DatologyAI’s technology was obviously promising enough to convince tech and AI titans to invest in the startup’s seed round, such as Google’s Chief Scientist Jeff Dean, Meta’s Chief AI Scientist Yann LeCun, Quora’s founder and OpenAI board member Adam D’Angelo and Geoffrey Hinton. is credited with developing some of the most important techniques at the heart of modern artificial intelligence.

Other angel investors in DatologyAI’s $11.65 million seed round, which was led by Amplify Partners with participation from Radical Ventures, Conviction Capital, Outset Capital and Quiet Capital, included Cohere co-founders Aidan Gomez and Ivan Zhang, founder of Contextual AI Douwe Kiela, ex-Intel. AI Vice President Naveen Rao and Jascha Sohl-Dickstein, one of the inventors of genetic diffusion models. It’s an impressive list of AI luminaries to say the least — and it suggests there might just be something to Morcos’ claims.

“Models are only as good as the data they are trained on, but finding the right training data among billions or trillions of examples is an incredibly difficult problem,” LeCun told TechCrunch in an emailed statement. “Ari and his team at DatologyAI are some of the world’s experts on this problem, and I think the product they’re building to make high-quality data curation available to anyone looking to train a model is critical to helping it work AI for everyone.”

San Francisco-based DatologyAI currently has ten employees, including the co-founders, but plans to expand to around 25 employees by the end of the year if it hits certain growth milestones.

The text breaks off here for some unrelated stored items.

-- ===== src/Engine/Runtime/Ended.antt =====
-- src/native_dsp_graph.rs: what `stop_recording` makes of the loop that was recorded.
use freewheeling_plus.Prelude.{
  ℕ, ◌%◌, ◌^◌, ◌<◌, ◌≡◌, ◌≢◌, refl, ap, ◌∙◌, Bool, not, ◌&&◌, ◌||◌, none, some, ◌∷◌, ◌==◌,
  get_elem?, get_elem?-lt, get_elem?-set_self, get_elem?-set_ne, All-get, if◌then◌else◌, arith,
}
use freewheeling_plus.Prelude.Floats.{Float32}
use freewheeling_plus.Engine.Command.{empty, playing}
use freewheeling_plus.Engine.Blocks.{BlockPool}
use freewheeling_plus.Engine.Pulse.{PulseClock}
use freewheeling_plus.Engine.Loop.{LoopSlot}
use freewheeling_plus.Engine.Runtime.{Engine, is_recording, is_overdubbing, loop_completed}
use freewheeling_plus.Engine.Runtime.Recording.{end_slot, stop_recording}
use freewheeling_plus.Engine.Runtime.Room.{IsSame}
use freewheeling_plus.Engine.Runtime.Valid.{IsLoop, IsEngine}
use freewheeling_plus.Engine.Runtime.Open.{IsEngine-IsOpen}
use freewheeling_plus.Engine.Runtime.Stop.{stop_open-IsStopped}

-- A loop `t` that the recording of `s` ended with: it plays all frames that were recorded.
pub record IsPlayable {F : Type 0} (s t : LoopSlot F) : Type 0 where
  pub len : t.len ≡ s.len
  pub recorded_frames : t.recorded_frames ≡ s.len % 2 ^ 32
  pub mode : t.mode ≡ (if s.len == 0 then empty else playing)
  pub inside : 0 < s.len → t.position < s.len

ended-IsPlayable :
    {F : Type 0} (c : PulseClock) (s x : LoopSlot F)
    → IsSame s x
    → IsLoop (end_slot c x)
    → IsPlayable s (end_slot c x)
unfolding end_slot
ended-IsPlayable c s x g v = record {
  len = g.len;
  recorded_frames = ap (λ n. n % 2 ^ 32) g.len;
  mode = rw g.len refl;
  inside = λ h. omega (arith, v.placed (omega (arith, h, g.len)), g.len);
}

-- In a well-formed engine that records a loop, `stop_recording` comes to an end. It keeps the number
-- of frames that were recorded, with its low 32 bits as `recorded_frames`, lets the loop play from a position inside it, or be empty if it has
-- none, leaves all other loops alone, and reports the loop if it is asked to, the loop has frames and
-- was being recorded or overdubbed.
pub stop_recording-IsPlayable :
    (f : Float32) (P : BlockPool f.F) (e : Engine P) (index : ℕ) (s : LoopSlot f.F) (notify : Bool)
    → IsEngine e
    → e.recorder.recording ≡ some index
    → get_elem? e.loops index ≡ some s
    → (t : Engine P) × (u : LoopSlot f.F) × (stop_recording f P e notify ≡ some t)
      × (t.recorder.recording ≡ none)
      × (get_elem? t.loops index ≡ some u)
      × IsPlayable s u
      × ((other : ℕ) → index ≢ other → get_elem? t.loops other ≡ get_elem? e.loops other)
      × (t.sent ≡ (
          if notify && not (s.len == 0) && (is_recording s.mode || is_overdubbing s.mode)
          then loop_completed index ∷ e.sent
          else e.sent))
stop_recording-IsPlayable f P e index s notify v r at =
    let w = All-get IsLoop e.loops index s v.loops_valid at in
    let t =
      stop_open-IsStopped f P e index s notify (IsEngine-IsOpen f P e index v) r at w.roomy
        (λ _. w.placed) in
    let u = end_slot e.clock t.3.taken in
    let found : get_elem? t.0.loops index ≡ some u =
      ap (λ ls. get_elem? ls index) t.3.loops
      ∙ get_elem?-set_self e.loops index u (get_elem?-lt e.loops index at) in
    (
      t.0,
      u,
      t.1,
      t.2.idle,
      found,
      ended-IsPlayable e.clock s t.3.taken t.3.same
          (All-get IsLoop t.0.loops index u t.2.valid.loops_valid found),
      λ other ne. ap (λ ls. get_elem? ls other) t.3.loops ∙ get_elem?-set_ne e.loops u ne,
      t.3.sent,
    )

I asked Morcos if the milestones were related to customer acquisition, but he declined to say — and, rather mysteriously, wouldn’t reveal the size of DatologyAI’s current customer base.

All included automatically builds curate data datasets DatologyAI financing genAI Generative AI get started technology training
Share. Facebook Twitter Pinterest LinkedIn Tumblr Email
Previous ArticleInstagram launches its marketplace to connect brands and creators in 8 new countries
Next Article Golden Ventures secures another $100 million to invest in Canada’s tech ecosystem
bhanuprakash.cg
techtost.com
  • Website

Related Posts

Meta says its business AI now facilitates 10 million conversations per week

30 April 2026

Amazon’s cloud business is growing — and so is its capital spending

30 April 2026

BCI startup Neurable wants to license ‘mind reading’ technology to wearable consumer devices

29 April 2026
Add A Comment

Leave A Reply Cancel Reply

Don't Miss

Y Combinator alum Skio sells for $105 million in cash, raised only $8 million, founder says

1 May 2026

As Tim Cook departs, Apple hits record sales — but chip shortage looms

1 May 2026

Hackers are actively exploiting a bug in cPanel, which is used by millions of websites

30 April 2026
Stay In Touch
  • Facebook
  • YouTube
  • TikTok
  • WhatsApp
  • Twitter
  • Instagram
Fintech

Y Combinator alum Skio sells for $105 million in cash, raised only $8 million, founder says

1 May 2026

Amazon, Meta join the fight to end Google Pay and PhonePe’s dominance in India

30 April 2026

Steve Ballmer slams founder he backed, who pleaded guilty to fraud: ‘I was cheated and I feel stupid’

25 April 2026
Startups

Bill Gurley, Jack Altman back startup Pursuit, which helps companies sell to the government

BCI startup Neurable wants to license ‘mind reading’ technology to wearable consumer devices

Founder of Shark Tank-backed startup Sholly sues buyer Sallie Mae

© 2026 TechTost. All Rights Reserved
  • About Us
  • Contact Us
  • Privacy Policy
  • Terms and Conditions
  • Disclaimer

Type above and press Enter to search. Press Esc to cancel.